Pandangan service quality tersebut didasarkan atas suatu model yang disebut Conceptual Model of Service Quality. Dalam model ini ditegaskan bahwa bila kinerja suatu atribut (attribute performance) meningkat lebih besar daripada harapan (expected) atas atribut yang bersangkutan, maka kepuasan pun akan meningkat. Menurut model tersebut terdapat 5 gaps/kesenjangan yang membuat organisasi tidak mampu memberikan layanan yang bermutu kepada pelanggannya. Kelima kesenjangan tersebut menurut Parasuraman et.al (1988) adalah (1) gap persepsi manajemen yaitu adanya perbedaan penilaian pelayanan menurut pengguna jasa dan persepsi manajemen mengenai harapan pengguna jasa, (2) gap spesifikasi kualitas, yaitu kesenjangan antara persepsi manajemen mengenai harapan pengguna jasa dengan spesifikasi-spesifikasi kualitas jasa, (3) gap penyampaian pelayanan yaitu kesenjangan antara spesifikasi kualitas jasa dan penyerahan jasa (service delivery), (4) gap komunikasi pemasaran yaitu kesenjangan antara penyampaian jasa dan komunikasi eksternal, (5) gap dalam pelayanan yang dirasakan yaitu perbedaan persepsi antara jasa yang dirasakan dan jasa yang diharapkan oleh pelanggan.

Berbagai penelitian telah dilakukan untuk mengetahui kualitas pelayanan dalam hubungannya dengan perilaku dan persepsi pelanggan serta menguji dimensi kualitas pelayanan (ServQual) ini dalam berbagai bidang.

Singh (1988), Bojanic (1991), Goulding, Ajay, dan Zeithaml (1993), Teas (1994), serta Zeithamal, Parasuraman dan Berry (1996) mengemukakan bahwa kualitas pelayanan mempunyai pengaruh yang spesifik terhadap perilaku pelanggan (behavioral attentions), perbedaan kualitas pelayanan dapat mempengaruhi persepsi kualitas pelayanan tersebut bagi pelanggan.
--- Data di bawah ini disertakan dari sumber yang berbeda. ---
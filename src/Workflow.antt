-- ===== src/Workflow.antt =====
-- constants/workflow.py, constants/transitions.py and `WorkflowService.can_transition` of
-- services/workflow.py. Each status type has one more constructor, `unset`, for the empty field
-- that the `if not self.status` guards test for.
pub mod Fixture
pub mod Reachable
use contract_management.Prelude.{
  ℕ, ◌≡◌, ◌↔◌, Bool, true, false, String, List, [], ◌∷◌, arith, nat_eq, Eq, ◌==◌,
}
use contract_management.Prelude.Lists.{contains}

-- Roles that participate in the approval workflow.
unfoldable pub approval_roles : List String
approval_roles = "Approver" ∷ "Legal" ∷ "Finance" ∷ "Business Owner" ∷ []

pub data ApprovalStatus : Type 0 where
  unset pending approved rejected : ApprovalStatus

pub data VersionStatus : Type 0 where
  unset draft under_review approved rejected signature_requested executed superseded : VersionStatus

pub data SignatureRequestStatus : Type 0 where
  unset draft pending sent viewed in_progress completed declined : SignatureRequestStatus
  cancelled expired : SignatureRequestStatus

pub data SignatureRecipientStatus : Type 0 where
  unset pending sent viewed signed declined : SignatureRecipientStatus

abbrev pub approval_code : ApprovalStatus → ℕ
approval_code ApprovalStatus.unset = 0
approval_code ApprovalStatus.pending = 1
approval_code ApprovalStatus.approved = 2
approval_code ApprovalStatus.rejected = 3

abbrev pub version_code : VersionStatus → ℕ
version_code VersionStatus.unset = 0
version_code VersionStatus.draft = 1
version_code VersionStatus.under_review = 2
version_code VersionStatus.approved = 3
version_code VersionStatus.rejected = 4
version_code VersionStatus.signature_requested = 5
version_code VersionStatus.executed = 6
version_code VersionStatus.superseded = 7

abbrev pub request_code : SignatureRequestStatus → ℕ
request_code SignatureRequestStatus.unset = 0
request_code SignatureRequestStatus.draft = 1
request_code SignatureRequestStatus.pending = 2
request_code SignatureRequestStatus.sent = 3
request_code SignatureRequestStatus.viewed = 4
request_code SignatureRequestStatus.in_progress = 5
request_code SignatureRequestStatus.completed = 6
request_code SignatureRequestStatus.declined = 7
request_code SignatureRequestStatus.cancelled = 8
request_code SignatureRequestStatus.expired = 9

abbrev pub recipient_code : SignatureRecipientStatus → ℕ
recipient_code SignatureRecipientStatus.unset = 0
recipient_code SignatureRecipientStatus.pending = 1
recipient_code SignatureRecipientStatus.sent = 2
recipient_code SignatureRecipientStatus.viewed = 3
recipient_code SignatureRecipientStatus.signed = 4
recipient_code SignatureRecipientStatus.declined = 5

pub approval_code_iff :
    (a b : ApprovalStatus) → (nat_eq (approval_code a) (approval_code b) ≡ true) ↔ (a ≡ b)
approval_code_iff a b = ground arith

pub version_code_iff :
    (a b : VersionStatus) → (nat_eq (version_code a) (version_code b) ≡ true) ↔ (a ≡ b)
version_code_iff a b = ground arith

pub request_code_iff :
    (a b : SignatureRequestStatus) → (nat_eq (request_code a) (request_code b) ≡ true) ↔ (a ≡ b)
request_code_iff a b = ground arith

pub recipient_code_iff :
    (a b : SignatureRecipientStatus)
    → (nat_eq (recipient_code a) (recipient_code b) ≡ true) ↔ (a ≡ b)
recipient_code_iff a b = ground arith

instance abbrev pub approval_status_eq : Eq ApprovalStatus
approval_status_eq = record {
  beq = λ a b. nat_eq (approval_code a) (approval_code b);
  beq_iff = approval_code_iff;
}

instance abbrev pub version_status_eq : Eq VersionStatus
version_status_eq = record {
  beq = λ a b. nat_eq (version_code a) (version_code b);
  beq_iff = version_code_iff;
}

instance abbrev pub request_status_eq : Eq SignatureRequestStatus
request_status_eq = record {
  beq = λ a b. nat_eq (request_code a) (request_code b);
  beq_iff = request_code_iff;
}

instance abbrev pub recipient_status_eq : Eq SignatureRecipientStatus
recipient_status_eq = record {
  beq = λ a b. nat_eq (recipient_code a) (recipient_code b);
  beq_iff = recipient_code_iff;
}

-- VERSION_TRANSITIONS, with the empty set that `.get` falls back to on a missing key.
unfoldable pub version_transitions : VersionStatus → List VersionStatus
version_transitions VersionStatus.draft = VersionStatus.under_review ∷ []
version_transitions VersionStatus.under_review =
    VersionStatus.approved ∷ VersionStatus.rejected ∷ []
version_transitions VersionStatus.rejected = VersionStatus.draft ∷ []
version_transitions VersionStatus.approved =
    VersionStatus.signature_requested ∷ VersionStatus.superseded ∷ []
version_transitions VersionStatus.signature_requested =
    VersionStatus.executed ∷ VersionStatus.approved ∷ []
version_transitions VersionStatus.executed = []
version_transitions VersionStatus.superseded = []
version_transitions VersionStatus.unset = []

-- `WorkflowService.can_transition` with the map VERSION_TRANSITIONS.
unfoldable pub can_transition : VersionStatus → VersionStatus → Bool
unfolding version_transitions contains
can_transition current_status new_status = contains (version_transitions current_status) new_status
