-- ===== src/Prelude/Int.antt =====
-- Python's integers as far as the program uses them: an order test, equality and the successor.
use contract_management.Prelude.{ℕ, zero, suc, ◌+◌, ◌≡◌, ◌↔◌, Bool, false, arith, leb, nat_eq, Eq}

-- `negsuc n` is -(n + 1).
pub data ℤ : Type 0 where
  pos : ℕ → ℤ
  negsuc : ℕ → ℤ

abbrev pub leb_ℤ : ℤ → ℤ → Bool
leb_ℤ (pos a) (pos b) = leb a b
leb_ℤ (pos a) (negsuc b) = false
leb_ℤ (negsuc a) (pos b) = Bool.true
leb_ℤ (negsuc a) (negsuc b) = leb b a

abbrev pub eq_ℤ : ℤ → ℤ → Bool
eq_ℤ (pos a) (pos b) = nat_eq a b
eq_ℤ (pos a) (negsuc b) = false
eq_ℤ (negsuc a) (pos b) = false
eq_ℤ (negsuc a) (negsuc b) = nat_eq a b

-- n + 1
abbrev pub succ_ℤ : ℤ → ℤ
succ_ℤ (pos n) = pos (n + 1)
succ_ℤ (negsuc zero) = pos 0
succ_ℤ (negsuc (suc n)) = negsuc n

pub eq_ℤ_iff : (a b : ℤ) → (eq_ℤ a b ≡ Bool.true) ↔ (a ≡ b)
eq_ℤ_iff (pos a) (pos b) = ground arith
eq_ℤ_iff (pos a) (negsuc b) = ground arith
eq_ℤ_iff (negsuc a) (pos b) = ground arith
eq_ℤ_iff (negsuc a) (negsuc b) = ground arith

instance abbrev pub ℤ_eq : Eq ℤ
ℤ_eq = record { beq = eq_ℤ; beq_iff = eq_ℤ_iff }

pub leb_ℤ_trans :
    (a b c : ℤ) → leb_ℤ a b ≡ Bool.true → leb_ℤ b c ≡ Bool.true → leb_ℤ a c ≡ Bool.true
leb_ℤ_trans a b c h k = ground arith

pub leb_ℤ_total : (a b : ℤ) → leb_ℤ a b ≡ false → leb_ℤ b a ≡ Bool.true
leb_ℤ_total a b h = ground arith

pub leb_ℤ_antisymm : (a b : ℤ) → leb_ℤ a b ≡ Bool.true → leb_ℤ b a ≡ Bool.true → a ≡ b
leb_ℤ_antisymm a b h k = ground arith

pub leb_ℤ_succ : (a : ℤ) → leb_ℤ (succ_ℤ a) a ≡ false
leb_ℤ_succ (pos n) = ground arith
leb_ℤ_succ (negsuc zero) = ground arith
leb_ℤ_succ (negsuc (suc n)) = ground arith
Kualitas pelayanan secara langsung juga mempengaruhi kepuasan pelanggan sekaligus meningkatkan umpan balik bagi perusahaan.
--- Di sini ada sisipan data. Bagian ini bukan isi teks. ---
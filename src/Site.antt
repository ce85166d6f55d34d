-- ===== src/Site.antt =====
-- The documents of the program's doctypes, as their JSON schemas and controllers name the fields,
-- and the state of a site: a table for each doctype, the session, and what has been sent out.
-- An empty field and a field that holds None are both the empty text.
use contract_management.Prelude.{ℕ, String, Bool, Option, List}
use contract_management.Prelude.Int.{ℤ}
use contract_management.Prelude.Table
use contract_management.Exec.{Exec}
use contract_management.Workflow.{
  ApprovalStatus, VersionStatus, SignatureRequestStatus, SignatureRecipientStatus,
}

-- Collaborator.review_status: "In Review", or what an approval sets it to.
pub data ReviewStatus : Type 0 where
  in_review : ReviewStatus
  decision : ApprovalStatus → ReviewStatus

pub record Collaborator : Type 0 where
  pub user : String
  pub role : String
  pub review_status : ReviewStatus

-- Dates are day numbers.
pub record Contract : Type 0 where
  pub name : String
  pub contract_title : String
  pub counterparty : String
  pub status : String
  pub effective_date : Option ℕ
  pub expiration_date : Option ℕ
  pub docstatus : ℕ
  pub collaborators : List Collaborator

-- `portal_enabled` is a check box.
pub record Counterparty : Type 0 where
  pub name : String
  pub counterparty_type : String
  pub counterparty_name : String
  pub contact_person : String
  pub email : String
  pub address : String
  pub portal_user : String
  pub portal_enabled : Bool

pub record ContractVersion : Type 0 where
  pub name : String
  pub contract : String
  pub version_number : Option ℤ
  pub is_current : Bool
  pub document : String
  pub executed_document : String
  pub status : VersionStatus
  pub notes : String

pub record Approval : Type 0 where
  pub name : String
  pub contract : String
  pub contract_version : String
  pub approver : String
  pub status : ApprovalStatus
  pub approval_date : String
  pub remarks : String

-- An address that is None makes the controller raise, so `email` tells it from the empty text.
pub record SignatureRecipient : Type 0 where
  pub signer : String
  pub email : Option String
  pub signing_order : Option ℤ
  pub status : SignatureRecipientStatus
  pub signed_on : String
  pub documenso_recipient_id : String

pub record SignatureRequest : Type 0 where
  pub name : String
  pub contract_version : String
  pub status : SignatureRequestStatus
  pub requested_by : String
  pub requested_on : String
  pub completed_on : String
  pub envelope_id : String
  pub signing_url : String
  pub signature_recipients : List SignatureRecipient

-- A row of Frappe's own doctype File.
pub record FileDoc : Type 0 where
  pub file_url : String
  pub file_name : String
  pub attached_to_doctype : String
  pub attached_to_name : String
  pub attached_to_field : String
  pub is_private : Bool
  pub content : String

-- The document that `enqueue_create_notification` is given, with the users that it goes to.
pub record Notification : Type 0 where
  pub recipients : List String
  pub document_type : String
  pub document_name : String
  pub subject : String
  pub from_user : String

-- What `_build_documenso_payload` builds.
pub record PayloadRecipient : Type 0 where
  pub name : String
  pub email : Option String
  pub signing_order : Option ℤ

pub record Payload : Type 0 where
  pub title : String
  pub external_id : String
  pub recipients : List PayloadRecipient

-- The requests that the program makes of Documenso.
pub data Call : Type 0 where
  create_document : Payload → String → Call
  distribute_document : String → Call
  get_envelope : String → Call
  download_envelope_item : String → String → Call

pub record Site : Type 0 where
  pub counterparties : List Counterparty
  pub contracts : List Contract
  pub versions : List ContractVersion
  pub approvals : List Approval
  pub requests : List SignatureRequest
  pub files : List FileDoc
  -- frappe.session.user
  pub user : String
  -- now_datetime() during the request that is being served
  pub now : String
  -- the notifications enqueued, the events logged as failed, the calls of Documenso made so far
  pub notifications : List Notification
  pub logged : List String
  pub calls : List Call

abbrev pub M {ℓ} : Type ℓ → Type ℓ
M A = Exec Site A

abbrev pub find_counterparty : String → List Counterparty → Option Counterparty
find_counterparty = Table.find (λ c. c.name)

abbrev pub find_contract : String → List Contract → Option Contract
find_contract = Table.find (λ c. c.name)

abbrev pub find_version : String → List ContractVersion → Option ContractVersion
find_version = Table.find (λ v. v.name)

abbrev pub find_approval : String → List Approval → Option Approval
find_approval = Table.find (λ a. a.name)

abbrev pub find_request : String → List SignatureRequest → Option SignatureRequest
find_request = Table.find (λ r. r.name)
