-- ===== src/Disasm/Entry/Fuel.antt =====
-- The fuel that a run of prefixes wants.
use mathlib.Core.Path.{subst}
use z80_python.Base.{
  ◌+◌, ◌<◌, ◌==◌, ◌∙◌, ◌≡◌, ◌≤◌, Bool-cases, [], ap, arith, false, if-cases, inc16, inl, inr, leb,
  le→leb, suc, sym, true, u16, zero, ℕ,
}
use z80_python.Disasm.{Cursor, Decoder, Instruction, read_next}
use z80_python.Disasm.Entry.{Reader, advanced, decode, decode_first, disassemble}
use z80_python.Disasm.Entry.Complete.{
  decode_index-next, decode_index-stop, decode_index_opcode-Sound,
}
use z80_python.Disasm.Entry.Encoding.{
  Decoded, Decoded-Disassembled, Decoded-advanced, Disassembled, GivesBytes, decode-Sound,
  decode-read,
}
use z80_python.Disasm.Entry.Runs.{Sound, decode_cb-Sound, decode_ed_opcode-Sound, decode_main-Sound}
use z80_python.Disasm.Main.{decode_cb, decode_ed, decode_ed_opcode, decode_main}
use z80_python.Disasm.Prefixed.{decode_index, decode_index_opcode}
use z80_python.Dispatch.Execute.{is_prefix}
use z80_python.Prog.{ok}

-- The run that stands at `op`, with the reader at `a`, ends after `n` further bytes at the latest.
abbrev Ends : ℕ → Reader → ℕ → ℕ → Type 0
Ends zero reader a op = is_prefix op ≡ false
Ends (suc n) reader a op = (v : ℕ) × (reader (u16 (a + n)) ≡ ok v) × (is_prefix v ≡ false)

ok-injective : (v w : ℕ) → ok v ≡ ok w → v ≡ w
ok-injective v w h = cc

Ends-next :
    (n : ℕ) (reader : Reader) (a op next : ℕ)
    → a < 65536
    → reader a ≡ ok next
    → Ends (suc n) reader a op
    → Ends n reader (inc16 a) next
Ends-next zero reader a op next lt here h =
    let place : u16 (a + 0) ≡ a = omega arith in
    let same = ok-injective next h.0 (sym here ∙ ap reader (sym place) ∙ h.1) in
    ap is_prefix same ∙ h.2
Ends-next (suc n) reader a op next lt here h =
    let place : u16 (inc16 a + n) ≡ u16 (a + suc n) = omega arith in
    (h.0, ap reader place ∙ h.1, h.2)

module _ (reader : Reader) (gives : GivesBytes reader) (start : ℕ) where
  stopped :
      (fuel prefix op : ℕ) (c : Cursor)
      → op < 256
      → is_prefix op ≡ false
      → Decoded ⊥ reader start c (decode reader (decode_index fuel start prefix op) c)
  stopped fuel prefix op c lt e = rw (decode_index-stop fuel start prefix op e) (
      decode-Sound ⊥ reader start gives (decode_index_opcode start prefix op) c
        (decode_index_opcode-Sound ⊥ start prefix op c lt e))

  -- One byte more, for a decoder that goes on with it.
  one_more :
      (k : ℕ → Decoder Instruction) (c : Cursor)
      → ((v : ℕ)
          → reader c.address ≡ ok v
          → v < 256
          → Decoded ⊥ reader start (advanced v c) (decode reader (k v) (advanced v c)))
      → Decoded ⊥ reader start c (decode reader (read_next k) c)
  one_more k c h =
      let answer = gives c.address in
      let v = answer.0 in
      let outcome = decode reader (k v) (advanced v c) in
      subst (Decoded ⊥ reader start c) (sym (decode-read reader k c v answer.1 answer.2))
        (Decoded-advanced ⊥ reader start c v outcome answer.1 answer.2 (h v answer.1 answer.2))

  decode_index-Ends :
      (n fuel prefix op : ℕ) (c : Cursor)
      → n ≤ fuel
      → c.address < 65536
      → op < 256
      → Ends n reader c.address op
      → Decoded ⊥ reader start c (decode reader (decode_index fuel start prefix op) c)
  decode_index-Ends zero fuel prefix op c h at lt ends = stopped fuel prefix op c lt ends
  decode_index-Ends (suc n) zero prefix op c h at lt ends = absurd (omega arith)
  decode_index-Ends (suc n) (suc fuel) prefix op c h at lt ends = elim (Bool-cases (is_prefix op)) [
    | inl e ↦ rw (decode_index-next fuel start prefix op e) (
        one_more (decode_index fuel start op) c (λ v here byte.
          decode_index-Ends n fuel op v (advanced v c) (omega arith) (omega arith) byte
            (Ends-next n reader c.address op v at here ends)))
    | inr e ↦ stopped (suc fuel) prefix op c lt e
  ]

  decode_first-Ends :
      (n fuel op : ℕ) (c : Cursor)
      → n ≤ fuel
      → c.address < 65536
      → op < 256
      → Ends (suc n) reader c.address op
      → Decoded ⊥ reader start c (decode reader (decode_first fuel start op) c)
  unfolding decode_first decode_ed
  decode_first-Ends n fuel op c h at lt ends =
      let Goal : Decoder Instruction → Type 0 = λ p. Decoded ⊥ reader start c (decode reader p c) in
      let sound = λ (p : Decoder Instruction) (s : Sound ⊥ start p c).
        decode-Sound ⊥ reader start gives p c s in
      if-cases Goal (op == 0xCB) (λ _. sound (decode_cb start) (decode_cb-Sound ⊥ start c))
        (λ not_cb.
          if-cases Goal (op == 0xED)
            (λ _.
              sound (read_next (decode_ed_opcode start))
                (λ v k. decode_ed_opcode-Sound ⊥ start v (advanced v c)))
            (λ not_ed.
              if-cases Goal (is_prefix op)
                (λ _.
                  one_more (λ next. decode_index fuel start op next) c
                    (λ v here byte.
                      decode_index-Ends n fuel op v (advanced v c) h (omega arith) byte
                        (Ends-next n reader c.address op v at here ends)))
                (λ e.
                  sound (decode_main start op) (decode_main-Sound ⊥ start op c lt (ground arith)))))

-- From a 16-bit address, with a reader that gives bytes everywhere and no prefix at `n` + 1 behind
-- the address, `disassemble` with fuel for at least `n` ends in an instruction at the address, of
-- the bytes that the reader gives from there on, at least one.
pub disassemble_enough :
    (n fuel : ℕ) (reader : Reader) (address v : ℕ)
    → GivesBytes reader
    → address < 65536
    → n ≤ fuel
    → reader (u16 (address + 1 + n)) ≡ ok v
    → is_prefix v ≡ false
    → Disassembled ⊥ reader address (disassemble fuel reader address)
unfolding disassemble
disassemble_enough n fuel reader address v gives lt h here last =
    let answer = gives address in
    let op = answer.0 in
    let start : Cursor = record { address = address; bytes = [] } in
    let in_range : leb address 0xFFFF ≡ true = le→leb address 0xFFFF (omega arith) in
    let place : u16 (inc16 address + n) ≡ u16 (address + 1 + n) = omega arith in
    let ends : Ends (suc n) reader (inc16 address) op = (v, ap reader place ∙ here, last) in
    let first = decode_first fuel address in
    let outcome = decode reader (first op) (advanced op start) in
    rw in_range (
      subst (Disassembled ⊥ reader address)
        (sym (decode-read reader first start op answer.1 answer.2))
        (Decoded-Disassembled ⊥ reader address op outcome answer.1 answer.2 (
          decode_first-Ends reader gives address n fuel op (advanced op start) h (omega arith)
            answer.2 ends)))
Cronin dan Taylor (1992) dalam artikelnya “Measuring Service Quality Reexamination and Extension” melalui penelitiannya mengembangkan dan menguji konsep sebuah alternatif dasar tentang kemeja untuk mengukur kualitas pelayanan atau ServQual terhadap kepuasan konsumen pada empat industri jasa dengan mengacu pada kelima dimensi (Tangibles, Empathy, Reliability, Responsiveness, Assurance) yang dikemukakan oleh Parasuraman et..al. Hasil studi menunjukkan bahwa, pada industri yang tidak memiliki keterlibatan jasa yang tinggi, kualitas jasa merupakan antiseden kepuasan konsumen. Kepuasan konsumen berpengaruh besar terhadap pembelian daripada kualitas jasa itu sendiri. Sedangkan pada industri yang memiliki keterlibatan jasa tinggi (misal jasa finansial/perrumah sakitan) menunjukkan hasil yang berbeda. Kelima dimensi itu tidak antiseden terhadap kepuasan konsumen.

Hasil penelitian Subroto dan. Nasution (1994), Salehudin (1996), Pujawan (1997), Sumanto (1998), Pujiastuti (2000) menyimpulkan bahwa terdapat lima dimensi kualitas pelayanan (ServQual) yang menjadi pertimbangan pasien rumah sakit maupun pelanggan organisasi jasa yaitu: reliability, tangibles, responsiveness, emphaty, dan assurance. Sedangkan kualitas pelayanan mempunyai pengaruh terhadap kepuasan maupun loyalitas pasien atau pelanggan.

Penelitian ini merupakan penelitian replikasi dari penelitian - penelitian terdahulu, sebagaimana dikemukakan diatas. Namun penelitian ini lebih memfokuskan pada kemampuan, motivasi kerja dan kualitas pelayanan yang diberikan oleh perawat Rumah Sakit Ngudi Waluyo Wlingi Kabupaten Blitar dalam memberikan pelayanan yang terbaik kepada para pasien rawat inapnya.